The novel PLGA based polymer blend was made from blending PLGA with varying compositions of the triblock co-polymer PLGA-PEG-PLGA. These blends were subsequently used in the fabrication of lysozyme and dexamethasone loaded microspheres.

Blending of the triblock copolymer with PLGA resulted in a reduction of the glass transition temperature (36.1ºC against 59.7ºC) and an increased mechanical strength (25.25 ± 1.26MPa against 0.26 ± 0.05MPa) for PLGA and 30% triblock w/w microspheres respectively. An incremental increase in the triblock composition within the Triblock/PLGA blends resulted in a corresponding reduction in glass transition temperature of the microspheres.

Varying the triblock composition within the microspheres showed no significant effect on entrapment efficiency (EE) of lysozyme (protein) and dexamethasone (drug) within fabricated microspheres (EE ~ 60% for and 75% for loading weight 5% w/w for lysozyme and dexamethasone microspheres respectively). Controlled release experiments showed incorporation of the triblock increased the burst release of the protein and drug molecules from the microspheres and improved their release kinetics, with zero-order release profile (post burst phase) observed at a triblock composition of 30% w/w. A positive correlation between the amount of triblock within the triblock / PLGA blend and the rate of protein and drug release was also observed.

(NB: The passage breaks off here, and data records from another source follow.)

-- ===== src/Runtime/Persist.antt =====
-- The alerts and the snapshot of runtime.py.
use squeeze_hunter.Prelude.{ℕ, Option, none, some, List, [], ◌∷◌, Outcome, ok, raised, map}
use squeeze_hunter.Prelude.Dict.{Dict, insert}
use squeeze_hunter.Prelude.Floats.{Floats}
use squeeze_hunter.Broker.{Time}
use squeeze_hunter.Telemetry.{PortfolioTelemetry, record_position}
use squeeze_hunter.Risk.Killswitch.Snapshot.{
  SnapshotDict, restore, to_snapshot as killswitch_snapshot,
}
use squeeze_hunter.Execution.Book.{Position, Book}
use squeeze_hunter.Execution.Orders.Snapshot.{
  IsoFormat, from_snapshot, to_snapshot as orders_snapshot,
}
use squeeze_hunter.Runtime.{
  RuntimeContext, RuntimeSnapshot, Job, ◌>>=◌, ◌>>◌, return, lift, modify, call, or_transient,
}
use squeeze_hunter.Runtime.Services.{Services, Alert}

module _ {A : Type 0} where
  -- The members of a list that are there.
  abbrev pub somes : List (Option A) → List A
  somes [] = []
  somes (none ∷ xs) = somes xs
  somes (some x ∷ xs) = x ∷ somes xs

  -- The entries of a dict whose values are dicts, in a new dict.
  abbrev pub dicts_from : Dict A → Dict (Option A) → Dict A
  dicts_from found [] = found
  dicts_from found ((k, none) ∷ d) = dicts_from found d
  dicts_from found ((k, some v) ∷ d) = dicts_from (insert k v found) d

module _ {F : Type 0} where
  -- Each restored position is marked at its entry price.
  abbrev pub mark_entries : Book F → PortfolioTelemetry F → PortfolioTelemetry F
  mark_entries [] t = t
  mark_entries ((ticker, meta) ∷ book) t =
      mark_entries book (record_position ticker meta.entry_price meta.entry_price t)

module _ {F Stamp : Type 0} where
  abbrev pub stamped : IsoFormat Stamp → List (Time × F) → List (Stamp × F)
  stamped iso [] = []
  stamped iso ((t, x) ∷ xs) = (iso.isoformat t, x) ∷ stamped iso xs

  abbrev read_stamp : IsoFormat Stamp → Stamp × F → Outcome (Time × F)
  read_stamp iso (raw, x) = elim (iso.fromisoformat raw) [ ok t ↦ ok (t, x) | raised e ↦ raised e ]

  -- `[(fromisoformat(ts), eq) for ts, eq in rows]`
  abbrev pub read_list : IsoFormat Stamp → List (Stamp × F) → Outcome (List (Time × F))
  read_list iso [] = ok []
  read_list iso (row ∷ rows) = elim (read_stamp iso row) [
    | raised e ↦ raised e
    | ok x ↦ elim (read_list iso rows) [ raised e ↦ raised e | ok xs ↦ ok (x ∷ xs) ]
  ]

  -- `{date.fromisoformat(d): peak for d, peak in rows}`, added to the days read before.
  abbrev pub read_peaks : IsoFormat Stamp → Dict F → List (Stamp × F) → Outcome (Dict F)
  read_peaks iso found [] = ok found
  read_peaks iso found (row ∷ rows) = elim (read_stamp iso row) [
    | raised e ↦ raised e
    | ok (d, peak) ↦ read_peaks iso (insert d peak found) rows
  ]

module _ {F Stamp W : Type 0} ⦃f : Floats F⦄ (svc : Services F Stamp W) where
  -- `_snapshot`; the mode and the version, which nothing reads, are left out.
  unfoldable pub snapshot : RuntimeContext F → RuntimeSnapshot F Stamp
  snapshot s = record {
    positions = map (λ (e : ℕ × Position F). (e.0, some e.1)) s.lifecycle.positions;
    planned_entries = map some s.planned;
    pending_buys = map some (orders_snapshot svc.datetimes s.pending);
    killswitch = killswitch_snapshot svc.datetimes s.killswitch;
    equity_history = stamped svc.datetimes s.telemetry.equity_history;
    equity_peak_per_day = stamped svc.dates s.telemetry.equity_peak_per_day;
  }

  -- An error of the file system is logged, and the next job saves again.
  unfoldable pub persist : Job F W (Unit {0})
  persist s w = elim svc.save [
    | none ↦ (ok tt, s, w)
    | some save ↦ or_transient (call (save (snapshot s))) tt s w
  ]

  -- `_notify`: an alert that cannot be delivered breaks nothing. Transport errors are `transient`.
  unfoldable pub notify : Alert F → Job F W (Unit {0})
  notify alert = elim svc.send [
    | none ↦ return tt
    | some send ↦ or_transient (call (send alert)) tt
  ]

  -- `self.killswitch.restore(...)`
  abbrev pub restore_killswitch : SnapshotDict Stamp → Job F W (Unit {0})
  restore_killswitch snap s w =
      let (r, c) = restore svc.datetimes snap s.killswitch in (r, record s { killswitch = c }, w)

  -- The book, marked at its entry prices, and the plan.
  abbrev pub restore_book : RuntimeSnapshot F Stamp → Job F W (Unit {0})
  restore_book snap = modify λ s.
      let book = dicts_from [] snap.positions in
      record s {
        lifecycle = record s.lifecycle { positions = book };
        telemetry = mark_entries book s.telemetry;
        planned = somes snap.planned_entries;
      }

  abbrev pub restore_orders : RuntimeSnapshot F Stamp → Job F W (Unit {0})
  restore_orders snap = do
    pending ← lift (from_snapshot svc.datetimes snap.pending_buys)
    modify λ s. record s { pending = pending }

  abbrev pub restore_equity : RuntimeSnapshot F Stamp → Job F W (Unit {0})
  restore_equity snap = do
    history ← lift (read_list svc.datetimes snap.equity_history)
    modify λ s. record s { telemetry = record s.telemetry { equity_history = history } }
    peaks ← lift (read_peaks svc.dates [] snap.equity_peak_per_day)
    modify λ s. record s { telemetry = record s.telemetry { equity_peak_per_day = peaks } }

  -- `_restore`, in the order of its assignments: what was restored before an error stays.
  unfoldable pub restore_from : RuntimeSnapshot F Stamp → Job F W (Unit {0})
  restore_from snap = do
    restore_book snap
    restore_orders snap
    restore_killswitch snap.killswitch
    restore_equity snap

The induction of osteogenesis and chondrogenesis within stem cells seeded on dexamethasone and ascorbate phosphate, and TGF-β3 loaded scaffolds was successfully demonstrated. Zonal release of TGF-β3 and BMP4 proteins from a bilayered scaffold was also demonstrated. However experiments conducted to demonstrate the tissue zonation within a bone cartilage bilayered construct developed from embryonic stem cell seeded TGF-β3 and BMP4 loaded bilayered scaffolds yielded inconclusive data.

These results suggests that protein and drug loaded injectable microspheres for tissue engineering applications can be formed from triblock/PLGA blends, and that by varying the triblock composition, the temperature at which the microspheres form scaffolds, the release kinetics and the mechanical strength of the resulting scaffolds can be controlled.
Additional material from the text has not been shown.